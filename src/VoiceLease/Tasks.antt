-- ===== src/VoiceLease/Tasks.antt =====
-- integrations/oopz/voice_lease.py: the tasks that use one manager. Each event is one section of a
-- task, from an await to the next; an event of a task that is not there changes nothing. What
-- voice.join and voice.leave answer is part of the event.
use cywl_oopz.Prelude.{
  ℕ, ◌+◌, ◌-◌, Bool, true, false, not, ◌&&◌, List, [], ◌∷◌, Option, none, some, if◌then◌else◌,
  nat_beq, any, keep, Result, ok, err, ltb,
}
use cywl_oopz.VoiceLease.Manager.{
  VoiceLeaseRequest, LeaseError, OopzVoiceLeaseManager, new_manager, begin_acquire, fail_join,
  end_join, end_orphan, forget_orphan, begin_close, end_close, release,
}

-- The manager, the leases that are marked as released and those that a task was given, the joins
-- that are under way, how many tasks leave after an orphaned join, have left after one, wait in
-- aclose for a join, and come to the last section of aclose.
pub record World : Type 0 where
  pub manager : OopzVoiceLeaseManager
  pub released : List ℕ
  pub handed : List ℕ
  pub joining : List (ℕ × VoiceLeaseRequest)
  pub leaving : ℕ
  pub left : ℕ
  pub waiting : ℕ
  pub closing : ℕ

abbrev pub new_world : World
new_world = record {
  manager = new_manager;
  released = [];
  handed = [];
  joining = [];
  leaving = 0;
  left = 0;
  waiting = 0;
  closing = 0;
}

pub data Event : Type 0 where
  acquires : VoiceLeaseRequest → Event
  join_raises join_returns : ℕ → Event
  orphan_leaves : Bool → Event
  orphan_is_forgotten : Event
  releases : Bool → ℕ → Event
  closes close_wakes : Event
  close_ends : Bool → Event

abbrev pub begun :
    VoiceLeaseRequest → World → Result LeaseError (Option ℕ) × OopzVoiceLeaseManager → World
begun request w (err e, m) = record w { manager = m }
begun request w (ok none, m) = record w { manager = m }
begun request w (ok (some g), m) = record w { manager = m; joining = (g, request) ∷ w.joining }

abbrev pub joins : ℕ → ℕ × VoiceLeaseRequest → Bool
joins g j = nat_beq j.0 g

unfoldable pub request_of : ℕ → List (ℕ × VoiceLeaseRequest) → Option VoiceLeaseRequest
request_of g [] = none
request_of g (j ∷ rest) = if joins g j then some j.1 else request_of g rest

abbrev pub without : ℕ → List (ℕ × VoiceLeaseRequest) → List (ℕ × VoiceLeaseRequest)
without g = keep (λ j. not (joins g j))

abbrev pub joined : ℕ → World → Bool × OopzVoiceLeaseManager → World
joined g w (true, m) = record w {
  manager = m;
  joining = without g w.joining;
  leaving = w.leaving + 1;
}
joined g w (false, m) = record w {
  manager = m;
  joining = without g w.joining;
  handed = g ∷ w.handed;
}

abbrev pub returned : ℕ → World → Option VoiceLeaseRequest → World
returned g w none = w
returned g w (some request) = joined g w (end_join g request w.manager)

abbrev pub raised : ℕ → World → Option VoiceLeaseRequest → World
raised g w none = w
raised g w (some request) = record w {
  manager = fail_join g w.manager;
  joining = without g w.joining;
}

abbrev pub close_begun : World → Option Bool × OopzVoiceLeaseManager → World
close_begun w (none, m) = record w { manager = m }
close_begun w (some true, m) = record w { manager = m; waiting = w.waiting + 1 }
close_begun w (some false, m) = record w { manager = m; closing = w.closing + 1 }

abbrev pub written : World → List ℕ × OopzVoiceLeaseManager → World
written w (released, m) = record w { manager = m; released = released }

unfoldable pub handle : Event → World → World
unfolding begin_acquire fail_join end_join begin_close end_close release request_of
handle (acquires request) w = begun request w (begin_acquire request w.manager)
handle (join_raises g) w = raised g w (request_of g w.joining)
handle (join_returns g) w = returned g w (request_of g w.joining)
handle (orphan_leaves returns) w =
    if ltb 0 w.leaving
    then record w {
      manager = end_orphan w.manager;
      leaving = w.leaving - 1;
      left = if returns then w.left + 1 else w.left;
    }
    else w
handle orphan_is_forgotten w =
    if ltb 0 w.left then record w { manager = forget_orphan w.manager; left = w.left - 1 } else w
handle (releases returns g) w =
    if any (nat_beq g) w.handed then written w (release returns g w.released w.manager).1 else w
handle closes w = close_begun w (begin_close w.manager)
handle close_wakes w =
    if ltb 0 w.waiting && w.manager.pending_done
    then record w { waiting = w.waiting - 1; closing = w.closing + 1 }
    else w
handle (close_ends returns) w =
    if ltb 0 w.closing
    then written (record w { closing = w.closing - 1 }) (end_close returns w.manager w.released)
    else w

unfoldable pub run : World → List Event → World
unfolding handle
run w [] = w
run w (e ∷ events) = run (handle e w) events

> WHAT TO WORK ON:
Would you please reproduce the records above exactly, only from their first line through the line holding "closes close_wakes : Event", with both ends included?

> ANSWER:
filename src/VoiceLease/Tasks.antt
-- ===== src/VoiceLease/Tasks.antt =====
-- integrations/oopz/voice_lease.py: the tasks that use one manager. Each event is one section of a
-- task, from an await to the next; an event of a task that is not there changes nothing. What
-- voice.join and voice.leave answer is part of the event.
use cywl_oopz.Prelude.{
  ℕ, ◌+◌, ◌-◌, Bool, true, false, not, ◌&&◌, List, [], ◌∷◌, Option, none, some, if◌then◌else◌,
  nat_beq, any, keep, Result, ok, err, ltb,
}
use cywl_oopz.VoiceLease.Manager.{
  VoiceLeaseRequest, LeaseError, OopzVoiceLeaseManager, new_manager, begin_acquire, fail_join,
  end_join, end_orphan, forget_orphan, begin_close, end_close, release,
}

-- The manager, the leases that are marked as released and those that a task was given, the joins
-- that are under way, how many tasks leave after an orphaned join, have left after one, wait in
-- aclose for a join, and come to the last section of aclose.
pub record World : Type 0 where
  pub manager : OopzVoiceLeaseManager
  pub released : List ℕ
  pub handed : List ℕ
  pub joining : List (ℕ × VoiceLeaseRequest)
  pub leaving : ℕ
  pub left : ℕ
  pub waiting : ℕ
  pub closing : ℕ

abbrev pub new_world : World
new_world = record {
  manager = new_manager;
  released = [];
  handed = [];
  joining = [];
  leaving = 0;
  left = 0;
  waiting = 0;
  closing = 0;
}

pub data Event : Type 0 where
  acquires : VoiceLeaseRequest → Event
  join_raises join_returns : ℕ → Event
  orphan_leaves : Bool → Event
  orphan_is_forgotten : Event
  releases : Bool → ℕ → Event
  closes close_wakes : Event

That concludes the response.